We have since discovered that non-coding DNA contains (among other things) the DNA sequences that transcription factors bind to. Non-coding DNA does not contain the instructions for building proteins, instead it contains the instructions for which proteins to build and when to build them. Our genetic memory is divided into (at least) two separate parts.
Computers also have separate memory sections. One major section is the section for all the instructions of a program. Another section is for the data that the program creates. The data created by the program can (and does) influence the execution of the program itself; just like the creation of proteins (in particular transcription factors) influences the execution of our genetic code.
When transcription factors are made they will bind to non-coding sections of DNA, triggering the expression or suppression of specific genes. Sometimes this will cause the creation of other transcription factors; our cellular infinite loop.
One crucial difference though, is that these cellular computers are a massively parallelized. While a single CPU can only ever execute one instruction at a time, plants’ and animals’ cells can all create proteins independently — and there are lots of cells in a single human.
Furthermore, our cells take input from other parts of the body as well as from the external world. These stimuli result in changes to gene expression and cause us to interact with the external world.

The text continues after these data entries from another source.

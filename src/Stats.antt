-- ===== src/Stats.antt =====
-- The state and the statistics of an app's instances: statefulset-runner's state collector and
-- api/actions/process_stats.go.
pub mod Pods
pub mod Agree
pub mod Records
pub mod Fetch
pub mod Reports
pub mod Shape
pub mod Tests
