-- ===== src/Stats/Pods.antt =====
-- The state of an instance, read off its pod. Two parts of the program do this by functions of
-- their own: statefulset-runner/controllers/appworkload/state/collector.go (below in `Runner`) and
-- api/actions/process_stats.go (`get_pod_state`). The helpers are the same text in both.
use korifi.Base.{
  ℕ, String, List, [], ◌∷◌, Bool, true, false, not, Option, none, some, ◌==◌, insert, value_at,
  concat, if◌then◌else◌,
}
use korifi.Kube.Errors.{ApiError, Result, ok, err, wrap}

pub record PodCondition : Type 0 where
  pub condition_type : String
  pub status : String
  pub last_transition_time : ℕ

-- The reason of the waiting state, where the container is waiting.
pub record ContainerStatus : Type 0 where
  pub name : String
  pub waiting_reason : Option String

pub record Pod : Type 0 where
  pub labels : List (String × String)
  pub conditions : List PodCondition
  pub container_statuses : List ContainerStatus

abbrev pub pod_ready : String
pod_ready = "Ready"

abbrev pub pod_scheduled : String
pod_scheduled = "PodScheduled"

abbrev is_crash_loop : Option String → Bool
is_crash_loop none = false
is_crash_loop (some reason) = reason == "CrashLoopBackOff"

unfoldable pub pod_has_crashed_container : List ContainerStatus → Bool
pod_has_crashed_container [] = false
pod_has_crashed_container (c ∷ cs) =
    let rest = pod_has_crashed_container cs in if is_crash_loop c.waiting_reason then true else rest

unfoldable pub pod_condition_status : List PodCondition → String → Bool
pod_condition_status [] condition_type = false
pod_condition_status (c ∷ cs) condition_type =
    let rest = pod_condition_status cs condition_type in
    if c.condition_type == condition_type then c.status == "True" else rest

unfoldable pub get_pod_start_time : List PodCondition → Option ℕ
get_pod_start_time [] = none
get_pod_start_time (c ∷ cs) =
    let rest = get_pod_start_time cs in
    if c.condition_type == pod_ready then some c.last_transition_time else rest

-- `getPodState` of api/actions/process_stats.go.
unfoldable pub get_pod_state : Pod → String
get_pod_state pod =
    if pod_condition_status pod.conditions pod_ready
    then "RUNNING"
    else if not (pod_condition_status pod.conditions pod_scheduled)
    then "DOWN"
    else if pod_has_crashed_container pod.container_statuses
    then "CRASHED"
    else "STARTING"

pub record InstanceStatus : Type 0 where
  pub state : String
  pub timestamp : Option ℕ

-- `getPodState` of the state collector.
unfoldable pub get_instance_status : Pod → InstanceStatus
get_instance_status pod =
    if pod_condition_status pod.conditions pod_ready
    then record { state = "RUNNING"; timestamp = get_pod_start_time pod.conditions }
    else if not (pod_condition_status pod.conditions pod_scheduled)
    then record { state = "DOWN"; timestamp = none }
    else if pod_has_crashed_container pod.container_statuses
    then record { state = "CRASHED"; timestamp = none }
    else record { state = "STARTING"; timestamp = none }

abbrev pub pod_index_label : String
pod_index_label = "apps.kubernetes.io/pod-index"

unfoldable pub instance_states :
    List (String × InstanceStatus) → List Pod → List (String × InstanceStatus)
instance_states result [] = result
instance_states result (pod ∷ pods) =
    instance_states (insert (value_at pod_index_label pod.labels) (get_instance_status pod) result)
      pods

-- `CollectState`; `list_pods` is the API server's answer and `quote` the verb `%q`.
unfoldable pub collect_state :
    (String → String)
    → Result ApiError (List Pod)
    → String
    → Result ApiError (List (String × InstanceStatus))
unfolding instance_states
collect_state quote (err e) guid =
    err (wrap (concat ("failed to list pods for workload " ∷ quote guid ∷ [])) e)
collect_state quote (ok pods) guid = ok (instance_states [] pods)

Those interactions in turn are stimuli for other life forms, causing them to activate and deactivate genes in their own DNA.
Life is caught in an endless exchange of information, each cell humming along without the foggiest clue about how the other systems work. Viewed in this way, animal intelligence is more like a massively distributed system than a single neural network.
One thing that Behave has made clear to me is that the brain is far from an isolated system. The electrical signals created and processed by the brain are one small part of a much larger design. If we want to build a true “general artificial intelligence,” maybe computer scientists need to look beyond the function of neurons and into the depths of cellular chemical interactions.
AI has a long way to go before it reaches the level of complexity that “life” has achieved. Nevertheless, it’s quite fun to think about the escalating interactions of robots on the internet. Russian trollbots are being moderated by Twitter built AI’s. Automated spambots are being moderated by Google built AI’s. And some AI’s have been trained to communicate privately with each other using AI invented languages that humans do not understand.
Perhaps general intelligence in computers will arise the same way it did in animals — through the massive intermingling of an extraordinary number of individually simple systems. Only time will tell.